▶ _Exercise_
Word for word, retype each record shown below.
Working data below:
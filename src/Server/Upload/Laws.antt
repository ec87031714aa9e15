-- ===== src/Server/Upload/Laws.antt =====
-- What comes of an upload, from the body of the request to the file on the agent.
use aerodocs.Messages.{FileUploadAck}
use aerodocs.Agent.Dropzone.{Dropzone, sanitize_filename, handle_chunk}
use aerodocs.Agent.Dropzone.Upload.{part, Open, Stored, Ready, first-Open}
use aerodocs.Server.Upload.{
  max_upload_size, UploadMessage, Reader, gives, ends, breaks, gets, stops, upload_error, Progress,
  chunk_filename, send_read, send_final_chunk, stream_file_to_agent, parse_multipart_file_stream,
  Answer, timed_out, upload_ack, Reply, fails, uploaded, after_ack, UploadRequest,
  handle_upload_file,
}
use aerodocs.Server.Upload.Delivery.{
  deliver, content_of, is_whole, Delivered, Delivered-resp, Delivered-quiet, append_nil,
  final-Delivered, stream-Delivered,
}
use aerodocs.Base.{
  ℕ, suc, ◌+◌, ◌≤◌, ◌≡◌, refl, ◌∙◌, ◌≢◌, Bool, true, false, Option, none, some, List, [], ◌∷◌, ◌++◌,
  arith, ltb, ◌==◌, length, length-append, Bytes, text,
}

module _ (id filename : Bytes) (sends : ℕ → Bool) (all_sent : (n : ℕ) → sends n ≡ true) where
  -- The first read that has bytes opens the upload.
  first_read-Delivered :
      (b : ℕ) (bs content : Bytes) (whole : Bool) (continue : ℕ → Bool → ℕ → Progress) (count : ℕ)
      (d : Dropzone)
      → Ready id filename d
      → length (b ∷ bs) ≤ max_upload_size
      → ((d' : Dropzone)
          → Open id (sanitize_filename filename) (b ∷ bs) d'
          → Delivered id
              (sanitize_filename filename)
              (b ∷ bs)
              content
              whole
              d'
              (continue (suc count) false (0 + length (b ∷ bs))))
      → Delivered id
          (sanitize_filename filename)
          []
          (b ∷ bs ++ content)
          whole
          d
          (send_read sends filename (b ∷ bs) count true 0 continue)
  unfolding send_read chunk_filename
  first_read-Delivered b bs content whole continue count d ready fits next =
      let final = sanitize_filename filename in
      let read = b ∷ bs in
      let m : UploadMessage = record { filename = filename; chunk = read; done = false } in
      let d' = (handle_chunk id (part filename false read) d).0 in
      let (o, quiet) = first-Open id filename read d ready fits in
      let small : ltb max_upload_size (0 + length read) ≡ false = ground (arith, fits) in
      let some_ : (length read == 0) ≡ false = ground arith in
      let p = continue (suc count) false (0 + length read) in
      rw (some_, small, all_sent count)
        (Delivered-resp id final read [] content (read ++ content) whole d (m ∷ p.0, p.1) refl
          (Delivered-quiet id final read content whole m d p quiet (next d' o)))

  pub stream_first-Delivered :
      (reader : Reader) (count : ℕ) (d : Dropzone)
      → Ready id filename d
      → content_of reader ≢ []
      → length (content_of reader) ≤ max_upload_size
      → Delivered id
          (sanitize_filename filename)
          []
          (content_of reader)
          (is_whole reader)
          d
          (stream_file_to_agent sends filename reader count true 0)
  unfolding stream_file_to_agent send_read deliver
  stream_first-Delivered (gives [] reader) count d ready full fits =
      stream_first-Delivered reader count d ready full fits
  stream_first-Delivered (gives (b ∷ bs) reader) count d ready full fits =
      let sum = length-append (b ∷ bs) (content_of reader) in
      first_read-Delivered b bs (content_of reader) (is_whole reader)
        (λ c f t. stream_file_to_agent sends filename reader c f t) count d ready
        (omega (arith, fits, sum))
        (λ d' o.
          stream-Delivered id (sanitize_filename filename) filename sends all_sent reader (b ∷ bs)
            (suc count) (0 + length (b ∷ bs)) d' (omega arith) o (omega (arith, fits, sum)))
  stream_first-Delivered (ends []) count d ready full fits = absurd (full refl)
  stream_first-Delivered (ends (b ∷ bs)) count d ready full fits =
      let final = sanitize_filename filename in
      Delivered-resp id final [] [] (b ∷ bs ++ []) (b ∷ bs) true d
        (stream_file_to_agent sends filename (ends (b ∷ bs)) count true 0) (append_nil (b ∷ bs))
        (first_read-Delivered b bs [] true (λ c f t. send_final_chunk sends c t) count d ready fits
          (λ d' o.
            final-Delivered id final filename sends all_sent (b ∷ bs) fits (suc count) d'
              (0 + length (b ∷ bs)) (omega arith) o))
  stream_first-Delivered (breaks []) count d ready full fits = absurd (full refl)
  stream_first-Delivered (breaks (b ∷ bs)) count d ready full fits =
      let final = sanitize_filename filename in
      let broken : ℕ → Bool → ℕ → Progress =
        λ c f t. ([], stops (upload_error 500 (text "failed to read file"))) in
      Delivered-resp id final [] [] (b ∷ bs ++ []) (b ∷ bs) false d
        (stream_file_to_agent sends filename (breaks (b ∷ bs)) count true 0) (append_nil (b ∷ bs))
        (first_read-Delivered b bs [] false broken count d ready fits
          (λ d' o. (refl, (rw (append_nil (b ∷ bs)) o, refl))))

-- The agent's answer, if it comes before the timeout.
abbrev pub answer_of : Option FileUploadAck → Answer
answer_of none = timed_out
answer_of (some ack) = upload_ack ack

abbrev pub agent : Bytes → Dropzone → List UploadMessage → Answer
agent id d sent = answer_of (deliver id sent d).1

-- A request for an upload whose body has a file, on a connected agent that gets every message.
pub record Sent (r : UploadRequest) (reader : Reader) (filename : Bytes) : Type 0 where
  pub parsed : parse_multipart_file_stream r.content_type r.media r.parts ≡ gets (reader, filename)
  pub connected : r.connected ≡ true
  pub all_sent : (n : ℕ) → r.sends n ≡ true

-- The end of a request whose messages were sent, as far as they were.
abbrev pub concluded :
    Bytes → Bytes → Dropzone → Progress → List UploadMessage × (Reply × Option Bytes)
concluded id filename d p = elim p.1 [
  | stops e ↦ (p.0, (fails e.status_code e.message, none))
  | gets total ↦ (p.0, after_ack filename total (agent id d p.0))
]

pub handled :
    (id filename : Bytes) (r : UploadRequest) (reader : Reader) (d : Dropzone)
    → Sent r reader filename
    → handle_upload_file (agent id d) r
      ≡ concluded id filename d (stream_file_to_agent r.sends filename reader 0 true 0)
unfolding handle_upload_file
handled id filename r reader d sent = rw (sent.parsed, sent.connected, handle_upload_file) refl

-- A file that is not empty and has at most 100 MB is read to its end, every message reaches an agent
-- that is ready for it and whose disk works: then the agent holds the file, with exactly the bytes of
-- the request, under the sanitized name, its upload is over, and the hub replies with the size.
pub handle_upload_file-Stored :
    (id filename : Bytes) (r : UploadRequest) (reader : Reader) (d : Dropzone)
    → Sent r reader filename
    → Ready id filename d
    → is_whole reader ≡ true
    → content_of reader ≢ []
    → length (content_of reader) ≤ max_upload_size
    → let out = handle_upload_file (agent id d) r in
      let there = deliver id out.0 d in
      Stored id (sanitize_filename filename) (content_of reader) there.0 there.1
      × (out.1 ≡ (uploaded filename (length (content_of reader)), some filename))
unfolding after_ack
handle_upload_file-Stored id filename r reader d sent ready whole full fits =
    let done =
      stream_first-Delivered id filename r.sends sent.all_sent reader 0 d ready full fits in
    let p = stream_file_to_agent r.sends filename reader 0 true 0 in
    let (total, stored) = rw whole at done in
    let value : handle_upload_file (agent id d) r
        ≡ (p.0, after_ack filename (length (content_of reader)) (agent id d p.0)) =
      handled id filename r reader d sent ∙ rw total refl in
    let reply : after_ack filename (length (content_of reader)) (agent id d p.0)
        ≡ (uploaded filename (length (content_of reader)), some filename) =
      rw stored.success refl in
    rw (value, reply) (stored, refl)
End of Working data.
▶ _Solved problem_
filename src/Server/Upload/Laws.antt
repository ec87031714aa9e15
-- ===== src/Server/Upload/Laws.antt =====
-- What comes of an upload, from the body of the request to the file on the agent.
use aerodocs.Messages.{FileUploadAck}
use aerodocs.Agent.Dropzone.{Dropzone, sanitize_filename, handle_chunk}
use aerodocs.Agent.Dropzone.Upload.{part, Open, Stored, Ready, first-Open}
use aerodocs.Server.Upload.{
  max_upload_size, UploadMessage, Reader, gives, ends, breaks, gets, stops, upload_error, Progress,
  chunk_filename, send_read, send_final_chunk, stream_file_to_agent, parse_multipart_file_stream,
  Answer, timed_out, upload_ack, Reply, fails, uploaded, after_ack, UploadRequest,
  handle_upload_file,
}
use aerodocs.Server.Upload.Delivery.{
  deliver, content_of, is_whole, Delivered, Delivered-resp, Delivered-quiet, append_nil,
  final-Delivered, stream-Delivered,
}
use aerodocs.Base.{
  ℕ, suc, ◌+◌, ◌≤◌, ◌≡◌, refl, ◌∙◌, ◌≢◌, Bool, true, false, Option, none, some, List, [], ◌∷◌, ◌++◌,
  arith, ltb, ◌==◌, length, length-append, Bytes, text,
}

module _ (id filename : Bytes) (sends : ℕ → Bool) (all_sent : (n : ℕ) → sends n ≡ true) where
  -- The first read that has bytes opens the upload.
  first_read-Delivered :
      (b : ℕ) (bs content : Bytes) (whole : Bool) (continue : ℕ → Bool → ℕ → Progress) (count : ℕ)
      (d : Dropzone)
      → Ready id filename d
      → length (b ∷ bs) ≤ max_upload_size
      → ((d' : Dropzone)
          → Open id (sanitize_filename filename) (b ∷ bs) d'
          → Delivered id
              (sanitize_filename filename)
              (b ∷ bs)
              content
              whole
              d'
              (continue (suc count) false (0 + length (b ∷ bs))))
      → Delivered id
          (sanitize_filename filename)
          []
          (b ∷ bs ++ content)
          whole
          d
          (send_read sends filename (b ∷ bs) count true 0 continue)
  unfolding send_read chunk_filename
  first_read-Delivered b bs content whole continue count d ready fits next =
      let final = sanitize_filename filename in
      let read = b ∷ bs in
      let m : UploadMessage = record { filename = filename; chunk = read; done = false } in
      let d' = (handle_chunk id (part filename false read) d).0 in
      let (o, quiet) = first-Open id filename read d ready fits in
      let small : ltb max_upload_size (0 + length read) ≡ false = ground (arith, fits) in
      let some_ : (length read == 0) ≡ false = ground arith in
      let p = continue (suc count) false (0 + length read) in
      rw (some_, small, all_sent count)
        (Delivered-resp id final read [] content (read ++ content) whole d (m ∷ p.0, p.1) refl
          (Delivered-quiet id final read content whole m d p quiet (next d' o)))

  pub stream_first-Delivered :
      (reader : Reader) (count : ℕ) (d : Dropzone)
      → Ready id filename d
      → content_of reader ≢ []
      → length (content_of reader) ≤ max_upload_size
      → Delivered id
          (sanitize_filename filename)
          []
          (content_of reader)
          (is_whole reader)
          d
          (stream_file_to_agent sends filename reader count true 0)
  unfolding stream_file_to_agent send_read deliver
  stream_first-Delivered (gives [] reader) count d ready full fits =
      stream_first-Delivered reader count d ready full fits
  stream_first-Delivered (gives (b ∷ bs) reader) count d ready full fits =
      let sum = length-append (b ∷ bs) (content_of reader) in
      first_read-Delivered b bs (content_of reader) (is_whole reader)
        (λ c f t. stream_file_to_agent sends filename reader c f t) count d ready
        (omega (arith, fits, sum))
        (λ d' o.
          stream-Delivered id (sanitize_filename filename) filename sends all_sent reader (b ∷ bs)
            (suc count) (0 + length (b ∷ bs)) d' (omega arith) o (omega (arith, fits, sum)))
  stream_first-Delivered (ends []) count d ready full fits = absurd (full refl)
  stream_first-Delivered (ends (b ∷ bs)) count d ready full fits =
      let final = sanitize_filename filename in
      Delivered-resp id final [] [] (b ∷ bs ++ []) (b ∷ bs) true d
        (stream_file_to_agent sends filename (ends (b ∷ bs)) count true 0) (append_nil (b ∷ bs))
        (first_read-Delivered b bs [] true (λ c f t. send_final_chunk sends c t) count d ready fits
          (λ d' o.
            final-Delivered id final filename sends all_sent (b ∷ bs) fits (suc count) d'
              (0 + length (b ∷ bs)) (omega arith) o))
  stream_first-Delivered (breaks []) count d ready full fits = absurd (full refl)
  stream_first-Delivered (breaks (b ∷ bs)) count d ready full fits =
      let final = sanitize_filename filename in
      let broken : ℕ → Bool → ℕ → Progress =
        λ c f t. ([], stops (upload_error 500 (text "failed to read file"))) in
      Delivered-resp id final [] [] (b ∷ bs ++ []) (b ∷ bs) false d
        (stream_file_to_agent sends filename (breaks (b ∷ bs)) count true 0) (append_nil (b ∷ bs))
        (first_read-Delivered b bs [] false broken count d ready fits
          (λ d' o. (refl, (rw (append_nil (b ∷ bs)) o, refl))))

-- The agent's answer, if it comes before the timeout.
abbrev pub answer_of : Option FileUploadAck → Answer
answer_of none = timed_out
answer_of (some ack) = upload_ack ack

abbrev pub agent : Bytes → Dropzone → List UploadMessage → Answer
agent id d sent = answer_of (deliver id sent d).1

-- A request for an upload whose body has a file, on a connected agent that gets every message.
pub record Sent (r : UploadRequest) (reader : Reader) (filename : Bytes) : Type 0 where
  pub parsed : parse_multipart_file_stream r.content_type r.media r.parts ≡ gets (reader, filename)
  pub connected : r.connected ≡ true
  pub all_sent : (n : ℕ) → r.sends n ≡ true

-- The end of a request whose messages were sent, as far as they were.
abbrev pub concluded :
    Bytes → Bytes → Dropzone → Progress → List UploadMessage × (Reply × Option Bytes)
concluded id filename d p = elim p.1 [
  | stops e ↦ (p.0, (fails e.status_code e.message, none))
  | gets total ↦ (p.0, after_ack filename total (agent id d p.0))
]

pub handled :
    (id filename : Bytes) (r : UploadRequest) (reader : Reader) (d : Dropzone)
    → Sent r reader filename
    → handle_upload_file (agent id d) r
      ≡ concluded id filename d (stream_file_to_agent r.sends filename reader 0 true 0)
unfolding handle_upload_file
handled id filename r reader d sent = rw (sent.parsed, sent.connected, handle_upload_file) refl

-- A file that is not empty and has at most 100 MB is read to its end, every message reaches an agent
-- that is ready for it and whose disk works: then the agent holds the file, with exactly the bytes of
-- the request, under the sanitized name, its upload is over, and the hub replies with the size.
pub handle_upload_file-Stored :
    (id filename : Bytes) (r : UploadRequest) (reader : Reader) (d : Dropzone)
    → Sent r reader filename
    → Ready id filename d
    → is_whole reader ≡ true
    → content_of reader ≢ []
    → length (content_of reader) ≤ max_upload_size
    → let out = handle_upload_file (agent id d) r in
      let there = deliver id out.0 d in
      Stored id (sanitize_filename filename) (content_of reader) there.0 there.1
      × (out.1 ≡ (uploaded filename (length (content_of reader)), some filename))
unfolding after_ack
handle_upload_file-Stored id filename r reader d sent ready whole full fits =
    let done =
      stream_first-Delivered id filename r.sends sent.all_sent reader 0 d ready full fits in
    let p = stream_file_to_agent r.sends filename reader 0 true 0 in
    let (total, stored) = rw whole at done in
    let value : handle_upload_file (agent id d) r
        ≡ (p.0, after_ack filename (length (content_of reader)) (agent id d p.0)) =
      handled id filename r reader d sent ∙ rw total refl in
    let reply : after_ack filename (length (content_of reader)) (agent id d p.0)
        ≡ (uploaded filename (length (content_of reader)), some filename) =
      rw stored.success refl in
    rw (value, reply) (stored, refl)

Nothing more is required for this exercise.